» **TASK OBJECTIVE**:
Scan the records for lines with the word "same", and copy every such line.

» **INPUT FOR THIS TASK**:

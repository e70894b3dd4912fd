-- ===== src/Slist/Chain.antt =====
-- What a chain of `SlNode_t` is, and how the field accesses of slist.c act on it.
use freertos_addons.Prelude.{
  ◌≡◌, ◌≢◌, false, some, List, ◌∷◌, ◌++◌, arith, has, has-append, [], refl, sym, ◌==◌,
}
use freertos_addons.Machine.{Run, ok, ◌>>◌}
use freertos_addons.Memory.{Ptr, null, Mem, write}
use freertos_addons.Memory.Path
use freertos_addons.Memory.Path.{first_or, LinkedTo, IsNodes, Middle, middle}
use freertos_addons.Slist.{get_next, set_next, is_list_empty}

-- The nodes `ps`, the head node first, linked by `Next`, the last one to `NULL`.
pub record IsChain (m : Mem) (ps : List Ptr) : Type 0 where
  pub nodes : IsNodes ps
  pub linked : LinkedTo m.sl_next ps null

-- A node that can be put into the chain `ps`.
pub record IsFree (m : Mem) (ps : List Ptr) (node : Ptr) : Type 0 where
  pub ne_null : node ≢ null
  pub outside : has node ps ≡ false
  pub old : Ptr
  pub mapped : m.sl_next node ≡ some old

-- Nothing but the `Next` fields of `ps` may differ.
pub record OnlyNext (ps : List Ptr) (m m' : Mem) : Type 0 where
  pub same : (a : Ptr) → has a ps ≡ false → m'.sl_next a ≡ m.sl_next a
  pub rest : m' ≡ record m { sl_next = m'.sl_next }

abbrev pub with_next : Mem → Ptr → Ptr → Mem
with_next m p v = record m { sl_next = write m.sl_next p v }

module _ (m : Mem) {p q : Ptr} (ne : p ≢ null) (at : m.sl_next p ≡ some q) where
  pub get_next_lem : get_next p m ≡ ok q m
  unfolding get_next
  get_next_lem = ground arith

  pub is_list_empty_lem : is_list_empty p m ≡ ok (q == null) m
  unfolding is_list_empty
  is_list_empty_lem = rw get_next_lem refl

  pub set_next_lem : (v : Ptr) → set_next p v m ≡ ok tt (with_next m p v)
  unfolding set_next
  set_next_lem v = ground arith

new-apart :
    (xs ys : List Ptr) (p n : Ptr)
    → has n (xs ++ p ∷ ys) ≡ false
    → (has n xs ≡ false) × (n ≢ p) × (has n ys ≡ false)
new-apart xs ys p n h = ground (arith, has-append n xs (p ∷ ys))

-- `p->Next = n; n->Next = v` puts `n` behind the node `p` of a chain, if `v` is the node behind `p`.
pub IsChain-insert :
    (m : Mem) (xs ys : List Ptr) (p n : Ptr)
    → IsChain m (xs ++ p ∷ ys)
    → IsFree m (xs ++ p ∷ ys) n
    → IsChain (with_next (with_next m p n) n (first_or ys null)) (xs ++ p ∷ n ∷ ys)
unfolding write
IsChain-insert m xs ys p n c free =
    let mid = middle xs p ys c.nodes in
    let apart = new-apart xs ys p n free.outside in
    record {
      nodes = Path.IsNodes-insert_behind xs p n ys c.nodes free.outside free.ne_null;
      linked =
          Path.LinkedTo-insert m.sl_next _ xs ys p n null (ground arith) (ground arith)
            (λ a np nn. ground arith) mid.not_before mid.not_behind apart.0 apart.2 c.linked;
    }

-- `p->Next = n->Next` takes the node `n` behind `p` out of a chain.
pub IsChain-remove :
    (m : Mem) (xs ys : List Ptr) (p n : Ptr)
    → IsChain m (xs ++ p ∷ n ∷ ys)
    → IsChain (with_next m p (first_or ys null)) (xs ++ p ∷ ys)
unfolding write
IsChain-remove m xs ys p n c =
    let mid = middle xs p (n ∷ ys) c.nodes in
    let (_, back) = Path.LinkedTo-split m.sl_next xs (p ∷ n ∷ ys) null c.linked in
    record {
      nodes = Path.IsNodes-remove_behind xs p n ys c.nodes;
      linked =
          Path.LinkedTo-remove m.sl_next _ xs ys p n null (ground arith) (λ a np. ground arith)
            mid.not_before (ground (arith, mid.not_behind)) c.linked;
    }

-- The field of a node in the middle of a chain.
pub next_of_middle :
    (m : Mem) (xs ys : List Ptr) (p : Ptr)
    → IsChain m (xs ++ p ∷ ys)
    → (p ≢ null) × (m.sl_next p ≡ some (first_or ys null))
next_of_middle m xs ys p c = (
  (middle xs p ys c.nodes).p_ne_null,
  (Path.LinkedTo-split m.sl_next xs (p ∷ ys) null c.linked).1.0,
)

-- A run that returns `a`, leaves the chain `ps`, and writes to no `Next` outside `changed`.
pub record Leaves {A : Type 0} (m : Mem) (r : Run Mem A) (a : A) (changed ps : List Ptr)
    : Type 0 where
  pub after : Mem
  pub runs : r ≡ ok a after
  pub chain : IsChain after ps
  pub only : OnlyNext changed m after

pub OnlyNext-write : (m : Mem) (p v : Ptr) → OnlyNext (p ∷ []) m (with_next m p v)
unfolding write
OnlyNext-write m p v = record { same = λ a o. ground arith; rest = refl }

pub OnlyNext-write_two :
    (m : Mem) (p n v w : Ptr) → OnlyNext (p ∷ n ∷ []) m (with_next (with_next m p v) n w)
unfolding write
OnlyNext-write_two m p n v w = record { same = λ a o. ground arith; rest = refl }

-- The two writes that link `n` behind `p`.
pub link_behind :
    (m : Mem) (p n v : Ptr) {q old : Ptr}
    → p ≢ null
    → m.sl_next p ≡ some q
    → n ≢ null
    → m.sl_next n ≡ some old
    → p ≢ n
    → (set_next p n >> set_next n v) m ≡ ok tt (with_next (with_next m p n) n v)
unfolding write
link_behind m p n v {old} pn ap nn an ne =
    rw (set_next_lem m pn ap n) (set_next_lem (with_next m p n) {q = old} nn (ground arith) v)

-- The chain after the two writes.
pub link_behind-Leaves :
    (m : Mem) (xs ys : List Ptr) (p n : Ptr)
    → IsChain m (xs ++ p ∷ ys)
    → IsFree m (xs ++ p ∷ ys) n
    → Leaves m
        ((set_next p n >> set_next n (first_or ys null)) m)
        tt
        (p ∷ n ∷ [])
        (xs ++ p ∷ n ∷ ys)
link_behind-Leaves m xs ys p n c free =
    let (pn, at) = next_of_middle m xs ys p c in
    let apart = new-apart xs ys p n free.outside in
    record {
      after = with_next (with_next m p n) n (first_or ys null);
      runs =
          link_behind m p n (first_or ys null) pn at free.ne_null free.mapped
            (λ e. apart.1 (sym e));
      chain = IsChain-insert m xs ys p n c free;
      only = OnlyNext-write_two m p n n (first_or ys null);
    }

» **REPLY**:
  pub same : (a : Ptr) → has a ps ≡ false → m'.sl_next a ≡ m.sl_next a
OnlyNext-write m p v = record { same = λ a o. ground arith; rest = refl }
OnlyNext-write_two m p n v w = record { same = λ a o. ground arith; rest = refl }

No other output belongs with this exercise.